PROVIDED INFORMATION Start Marker

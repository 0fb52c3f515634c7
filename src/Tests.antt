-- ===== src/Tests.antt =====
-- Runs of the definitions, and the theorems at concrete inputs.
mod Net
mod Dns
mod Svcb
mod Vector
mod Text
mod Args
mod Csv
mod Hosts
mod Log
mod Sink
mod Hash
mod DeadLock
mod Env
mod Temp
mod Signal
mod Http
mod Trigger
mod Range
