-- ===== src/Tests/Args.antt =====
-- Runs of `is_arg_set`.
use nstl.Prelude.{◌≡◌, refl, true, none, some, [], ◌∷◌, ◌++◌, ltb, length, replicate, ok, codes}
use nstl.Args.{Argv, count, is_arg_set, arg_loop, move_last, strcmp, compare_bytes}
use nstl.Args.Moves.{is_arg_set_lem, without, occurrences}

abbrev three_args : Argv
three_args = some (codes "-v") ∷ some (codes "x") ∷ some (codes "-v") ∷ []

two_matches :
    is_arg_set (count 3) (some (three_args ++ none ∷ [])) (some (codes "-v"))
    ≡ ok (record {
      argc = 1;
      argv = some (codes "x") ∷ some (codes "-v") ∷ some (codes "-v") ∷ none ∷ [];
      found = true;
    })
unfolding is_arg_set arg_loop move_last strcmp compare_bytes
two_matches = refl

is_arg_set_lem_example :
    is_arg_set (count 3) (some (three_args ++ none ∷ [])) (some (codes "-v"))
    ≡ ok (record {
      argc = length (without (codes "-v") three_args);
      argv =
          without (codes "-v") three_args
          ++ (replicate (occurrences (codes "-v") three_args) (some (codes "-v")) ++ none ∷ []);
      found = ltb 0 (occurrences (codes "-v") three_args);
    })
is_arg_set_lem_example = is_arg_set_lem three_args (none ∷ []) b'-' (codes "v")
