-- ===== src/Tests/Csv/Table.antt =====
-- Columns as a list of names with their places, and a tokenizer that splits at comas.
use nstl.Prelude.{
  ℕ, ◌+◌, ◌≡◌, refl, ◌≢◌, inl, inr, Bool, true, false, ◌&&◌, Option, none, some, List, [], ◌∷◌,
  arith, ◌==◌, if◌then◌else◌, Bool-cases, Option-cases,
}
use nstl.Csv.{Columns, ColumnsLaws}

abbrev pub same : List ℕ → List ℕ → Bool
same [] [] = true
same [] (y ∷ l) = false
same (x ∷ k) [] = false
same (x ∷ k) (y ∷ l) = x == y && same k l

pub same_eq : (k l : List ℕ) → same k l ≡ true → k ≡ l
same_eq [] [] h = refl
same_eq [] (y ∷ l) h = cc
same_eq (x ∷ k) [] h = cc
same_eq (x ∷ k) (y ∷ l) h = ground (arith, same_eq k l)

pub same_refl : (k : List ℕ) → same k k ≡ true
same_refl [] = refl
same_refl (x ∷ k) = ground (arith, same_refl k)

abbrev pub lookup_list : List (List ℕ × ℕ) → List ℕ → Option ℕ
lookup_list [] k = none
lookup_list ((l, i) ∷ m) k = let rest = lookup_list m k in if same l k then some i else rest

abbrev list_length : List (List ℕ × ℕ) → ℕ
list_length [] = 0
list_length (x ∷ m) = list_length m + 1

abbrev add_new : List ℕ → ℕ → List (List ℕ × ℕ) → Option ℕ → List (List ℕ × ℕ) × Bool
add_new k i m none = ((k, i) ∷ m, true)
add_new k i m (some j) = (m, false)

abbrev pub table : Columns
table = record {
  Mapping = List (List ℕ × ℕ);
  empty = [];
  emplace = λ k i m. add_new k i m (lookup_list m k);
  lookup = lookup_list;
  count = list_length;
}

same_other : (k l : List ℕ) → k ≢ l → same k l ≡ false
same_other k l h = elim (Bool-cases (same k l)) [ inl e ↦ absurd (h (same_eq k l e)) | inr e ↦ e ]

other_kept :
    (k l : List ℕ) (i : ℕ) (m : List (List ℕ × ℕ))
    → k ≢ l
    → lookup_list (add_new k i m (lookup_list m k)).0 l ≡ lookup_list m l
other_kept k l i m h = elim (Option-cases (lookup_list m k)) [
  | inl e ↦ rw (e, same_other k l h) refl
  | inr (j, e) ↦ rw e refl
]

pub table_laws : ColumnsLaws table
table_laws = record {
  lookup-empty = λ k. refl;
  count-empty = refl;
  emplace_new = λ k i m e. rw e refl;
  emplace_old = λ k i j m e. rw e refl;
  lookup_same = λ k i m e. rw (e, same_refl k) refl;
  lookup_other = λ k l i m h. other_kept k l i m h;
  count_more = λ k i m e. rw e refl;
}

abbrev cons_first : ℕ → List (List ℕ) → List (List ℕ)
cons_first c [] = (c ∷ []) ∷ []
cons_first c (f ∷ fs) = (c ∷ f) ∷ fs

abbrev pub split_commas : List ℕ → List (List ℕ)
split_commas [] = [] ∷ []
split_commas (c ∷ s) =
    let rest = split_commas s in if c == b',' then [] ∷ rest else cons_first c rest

PROVIDED INFORMATION End Marker

** PROBLEM STATEMENT **
Look above for the line with "e) ↦ rw e refl"; retype exactly that line, every line after it up to the line with "abbrev cons_first : ℕ", and that line too, nothing else.

** ANSWER SECTION **
  | inr (j, e) ↦ rw e refl
]

pub table_laws : ColumnsLaws table
table_laws = record {
  lookup-empty = λ k. refl;
  count-empty = refl;
  emplace_new = λ k i m e. rw e refl;
  emplace_old = λ k i j m e. rw e refl;
  lookup_same = λ k i m e. rw (e, same_refl k) refl;
  lookup_other = λ k l i m h. other_kept k l i m h;
  count_more = λ k i m e. rw e refl;
}

abbrev cons_first : ℕ → List (List ℕ) → List (List ℕ)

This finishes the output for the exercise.